While many other people, including his wife, choose to live life through their surrogates, FBI agents are given turbocharged loaner models in some kind of perk akin to today’s company cars. Greer behaves differently as himself or when working through his surrogate. He spouts tough, sarcastic, noir-ish detective dialogue when working, but turns meek and emotional when living as a “meatball.”

Ving Rhames and James Cromwell appear in disappointing fleeting roles. Rosamund Pike is obviously very beautiful, but her wide circular glassy eyes frankly look slightly odd from certain angles, making her an excellent casting choice.

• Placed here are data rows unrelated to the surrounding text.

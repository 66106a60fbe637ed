-- ===== src/Registry/Version.antt =====
-- The pattern `_SEMANTIC_VERSION` of src/distributed_runtime/registry.py. The build part starts at
-- the first `+` and the pre-release part at the first `-` before it; the parts are split at dots.
use ptf.Prelude.{
  ◌≡◌, refl, ℕ, String, Bool, true, false, ◌&&◌, ◌||◌, List, [], ◌∷◌, leb, nat_eq, not,
  if◌then◌else◌,
}
use ptf.Core.Errors.{Result, ok, require, registration_error, ◌>>◌}
use ptf.Core.Name.{codes, is_alphanumeric}
use ptf.Core.Text.{split_on, all_codes}

abbrev pub is_digit : ℕ → Bool
is_digit c = leb b'0' c && leb c b'9'

-- `[0-9A-Za-z-]`
abbrev pub is_version_char : ℕ → Bool
is_version_char c = is_alphanumeric c || nat_eq c b'-'

-- `0|[1-9][0-9]*`
unfoldable pub is_number : List ℕ → Bool
is_number [] = false
is_number (c ∷ []) = is_digit c
is_number (c ∷ d ∷ ds) = (is_digit c && not (nat_eq c b'0')) && all_codes is_digit (d ∷ ds)

-- `[0-9A-Za-z-]+`
unfoldable pub is_build_part : List ℕ → Bool
is_build_part [] = false
is_build_part (c ∷ cs) = all_codes is_version_char (c ∷ cs)

-- `0|[1-9][0-9]*|(?=[0-9A-Za-z-]*[A-Za-z-])[0-9A-Za-z-]+`
unfoldable pub is_release_part : List ℕ → Bool
unfolding is_number is_build_part
is_release_part cs = is_number cs || (is_build_part cs && not (all_codes is_digit cs))

unfoldable pub all_parts : (List ℕ → Bool) → List (List ℕ) → Bool
all_parts test [] = true
all_parts test (p ∷ ps) = test p && all_parts test ps

-- a part, and more of them behind dots
unfoldable pub matches_parts : (List ℕ → Bool) → List ℕ → Bool
unfolding all_parts
matches_parts test cs = let (first, rest) = split_on b'.' cs in test first && all_parts test rest

-- the text before the first `mark`, and whether the text behind it, if there is one, meets `test`
unfoldable pub cut_at : ℕ → (List ℕ → Bool) → List ℕ → List ℕ × Bool
cut_at mark test [] = ([], true)
cut_at mark test (c ∷ cs) =
    let (before, fits) = cut_at mark test cs in
    if nat_eq c mark then ([], test cs) else (c ∷ before, fits)

-- three numbers, of which the first was split off
unfoldable pub is_core : List ℕ → List (List ℕ) → Bool
is_core major (minor ∷ patch ∷ []) = is_number major && (is_number minor && is_number patch)
is_core major _ = false

-- `_SEMANTIC_VERSION.fullmatch`
unfoldable pub matches_version : List ℕ → Bool
unfolding cut_at is_core matches_parts is_release_part is_build_part
matches_version cs =
    let (left, built) = cut_at b'+' (matches_parts is_build_part) cs in
    let (core, released) = cut_at b'-' (matches_parts is_release_part) left in
    let (major, rest) = split_on b'.' core in is_core major rest && (released && built)

-- `_semantic_version`
unfoldable pub semantic_version : String → Result String
unfolding matches_version
semantic_version value = do
  require (matches_version (codes value))
      (registration_error "semantic_version must use major.minor.patch form")
  ok value

accepts_plain : semantic_version "1.20.3" ≡ ok "1.20.3"
unfolding semantic_version split_on all_codes is_number
accepts_plain = refl

accepts_full : matches_version (codes "1.0.0-rc.1-a.0+b-1.007") ≡ true
unfolding matches_version split_on all_codes is_number all_parts
accepts_full = refl

refuses_zero : matches_version (codes "1.02.3") ≡ false
unfolding matches_version split_on all_codes is_number all_parts
refuses_zero = refl

refuses_release_zero : matches_version (codes "1.2.3-01") ≡ false
unfolding matches_version split_on all_codes is_number all_parts
refuses_release_zero = refl

refuses_four : matches_version (codes "1.2.3.4") ≡ false
unfolding matches_version split_on all_codes is_number all_parts
refuses_four = refl

refuses_open_ends :
    (matches_version (codes "1.2.3-") ≡ false) × (matches_version (codes "1.2.3+") ≡ false)
unfolding matches_version split_on all_codes is_number all_parts
refuses_open_ends = (refl, refl)
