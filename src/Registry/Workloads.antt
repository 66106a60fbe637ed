-- ===== src/Registry/Workloads.antt =====
-- The workloads of `RuntimeRegistry`: identities, registration and look-up. A dictionary is the list
-- of its entries. A registration raises before it writes, so a refused one has no new registry.
use ptf.Prelude.{
  String, Bool, true, false, ◌==◌, ◌&&◌, ◌||◌, Option, none, some, List, [], ◌∷◌, ◌++◌, map, not,
}
use ptf.Prelude.Table.{find_where, exists_where, order_by}
use ptf.Core.Enums.{WorkloadMode}
use ptf.Core.Errors.{Result, ok, err, require, registration_error, ◌>>=◌, ◌>>◌}
use ptf.Core.Identifier.{IdentifierKind, identifier}
use ptf.Core.Text.{is_required, text_le}
use ptf.Registry.Version.{semantic_version}

abbrev pub same_mode : WorkloadMode → WorkloadMode → Bool
same_mode WorkloadMode.finite WorkloadMode.finite = true
same_mode WorkloadMode.continuous WorkloadMode.continuous = true
same_mode _ _ = false

-- `class WorkloadIdentity`
pub record WorkloadIdentity : Type 0 where
  pub application : String
  pub workload_name : String
  pub semantic_version : String
  pub mode : WorkloadMode

-- equality of the frozen dataclass
unfoldable pub identity_eq : WorkloadIdentity → WorkloadIdentity → Bool
identity_eq a b =
    (a.application == b.application && a.workload_name == b.workload_name)
    && (a.semantic_version == b.semantic_version && same_mode a.mode b.mode)

-- `<=` of modes, by their texts
abbrev mode_le : WorkloadMode → WorkloadMode → Bool
mode_le WorkloadMode.finite WorkloadMode.continuous = false
mode_le _ _ = true

abbrev text_lt : String → String → Bool
text_lt a b = text_le a b && not (a == b)

-- `<=` of the ordered dataclass
abbrev pub identity_le : WorkloadIdentity → WorkloadIdentity → Bool
identity_le a b =
    text_lt a.application b.application
    || (a.application == b.application
        && (text_lt a.workload_name b.workload_name
            || (a.workload_name == b.workload_name
                && (text_lt a.semantic_version b.semantic_version
                    || (a.semantic_version == b.semantic_version && mode_le a.mode b.mode)))))

-- the attributes `name`, `version` and `mode` of product code
pub record Declaration : Type 0 where
  pub name : Option String
  pub version : Option String
  pub mode : Option WorkloadMode

abbrev declares_text : Option String → String → Bool
declares_text none t = false
declares_text (some s) t = s == t

abbrev declares_mode : Option WorkloadMode → WorkloadMode → Bool
declares_mode none m = false
declares_mode (some n) m = same_mode n m

-- `declared == expected`
abbrev pub declares : Declaration → String → String → WorkloadMode → Bool
declares d name version mode =
    declares_text d.name name && (declares_text d.version version && declares_mode d.mode mode)

-- `_validate_declaration`
unfoldable pub validate_declaration :
    Declaration → String → String → WorkloadMode → Result (Unit {0})
validate_declaration d name version mode =
    require (declares d name version mode)
      (registration_error "workload declaration does not match registration")

-- `_required`
unfoldable pub required : String → Result String
required value = do
  require (is_required value) (registration_error "must be a non-empty trimmed string")
  ok value

-- `class FiniteRegistration`
pub record FiniteRegistration (P H : Type 0) : Type 0 where
  pub application : String
  pub name : String
  pub semantic_version : String
  pub execution_class : String
  pub planner : P
  pub handler : H

-- `class ContinuousRegistration`
pub record ContinuousRegistration (W : Type 0) : Type 0 where
  pub application : String
  pub name : String
  pub semantic_version : String
  pub execution_class : String
  pub workload : W

-- `type WorkloadRegistration`
pub data WorkloadRegistration (P H W : Type 0) : Type 0 where
  finite : FiniteRegistration P H → WorkloadRegistration P H W
  continuous : ContinuousRegistration W → WorkloadRegistration P H W

-- `class RuntimeRegistry`
pub record RuntimeRegistry (P H W S : Type 0) : Type 0 where
  pub application : String
  pub workloads : List (WorkloadIdentity × WorkloadRegistration P H W)
  pub sinks : List (String × S)

module _ {P H W : Type 0} where
  abbrev pub identity_of : WorkloadRegistration P H W → WorkloadIdentity
  identity_of (WorkloadRegistration.finite r) = record {
    application = r.application;
    workload_name = r.name;
    semantic_version = r.semantic_version;
    mode = WorkloadMode.finite;
  }
  identity_of (WorkloadRegistration.continuous r) = record {
    application = r.application;
    workload_name = r.name;
    semantic_version = r.semantic_version;
    mode = WorkloadMode.continuous;
  }

  abbrev pub has_identity : WorkloadIdentity → WorkloadIdentity × WorkloadRegistration P H W → Bool
  has_identity i entry = identity_eq entry.0 i

  abbrev pub found_entry :
      Option (WorkloadIdentity × WorkloadRegistration P H W) → Result (WorkloadRegistration P H W)
  found_entry none = err (registration_error "unknown workload")
  found_entry (some entry) = ok entry.1

  module _ {S : Type 0} where
    -- `RuntimeRegistry(application=...)`
    unfoldable pub runtime_registry : String → Result (RuntimeRegistry P H W S)
    runtime_registry application = identifier IdentifierKind.workload_id application >>= λ a.
        ok (record { application = a; workloads = []; sinks = [] })

    -- `_add_workload`
    unfoldable pub add_workload :
        WorkloadRegistration P H W → RuntimeRegistry P H W S → Result (RuntimeRegistry P H W S)
    add_workload registration r = do
      let i = identity_of registration
      require (not (exists_where (has_identity i) r.workloads))
          (registration_error "workload already registered")
      ok (record r { workloads = r.workloads ++ (i, registration) ∷ [] })

    -- `register_finite`
    unfoldable pub register_finite :
        (P → Declaration)
        → String
        → String
        → String
        → P
        → H
        → RuntimeRegistry P H W S
        → Result (FiniteRegistration P H × RuntimeRegistry P H W S)
    unfolding add_workload required validate_declaration
    register_finite declaration name version execution_class planner handler r = do
      id ← identifier IdentifierKind.workload_id name
      v ← semantic_version version
      cls ← required execution_class
      let registration : FiniteRegistration P H = record {
        application = r.application;
        name = id;
        semantic_version = v;
        execution_class = cls;
        planner = planner;
        handler = handler;
      }
      validate_declaration (declaration planner) id v WorkloadMode.finite
      r' ← add_workload (WorkloadRegistration.finite registration) r
      ok (registration, r')

    -- `register_continuous`
    unfoldable pub register_continuous :
        (W → Declaration)
        → String
        → String
        → String
        → W
        → RuntimeRegistry P H W S
        → Result (ContinuousRegistration W × RuntimeRegistry P H W S)
    unfolding add_workload required validate_declaration
    register_continuous declaration name version execution_class work r = do
      id ← identifier IdentifierKind.workload_id name
      v ← semantic_version version
      cls ← required execution_class
      let registration : ContinuousRegistration W = record {
        application = r.application;
        name = id;
        semantic_version = v;
        execution_class = cls;
        workload = work;
      }
      validate_declaration (declaration work) id v WorkloadMode.continuous
      r' ← add_workload (WorkloadRegistration.continuous registration) r
      ok (registration, r')

    -- `workload`
    unfoldable pub workload :
        String
        → String
        → WorkloadMode
        → RuntimeRegistry P H W S
        → Result (WorkloadRegistration P H W)
    workload name version mode r = do
      id ← identifier IdentifierKind.workload_id name
      v ← semantic_version version
      found_entry (
          find_where
            (has_identity (record {
              application = r.application;
              workload_name = id;
              semantic_version = v;
              mode = mode;
            }))
            r.workloads)

    -- `workloads`
    unfoldable pub sorted_workloads : RuntimeRegistry P H W S → List (WorkloadRegistration P H W)
    sorted_workloads r = map (λ e. e.1) (order_by (λ a b. identity_le a.0 b.0) r.workloads)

There are fewer android-related special effects than you might imagine, especially when compared to Westworld (read The Dork Report review), The Stepford Wives, Alien, and A.I, all of which revel in revealing robotic guts beneath rubber skin (images one might even fetishize as a literal “cyberporn”). Rather, the film’s best special effect is when a surrogate deactivates and comes to a complete halt. I can’t guess how it was done, but it’s clearly more complicated than simply freezing the frame. It’s very eerie to see a person, however artificial-seeming, simply and silently freeze as the light of life goes out of their eyes.

A ostentatious dangling plot thread about Greer’s dead son goes nowhere. Even the revelation of what caused his death is a misfire, and has no impact upon the story. Why would a painful loss in the family compel the Greers to live virtual lives? Everyone else is only doing it because they want to appear attractive.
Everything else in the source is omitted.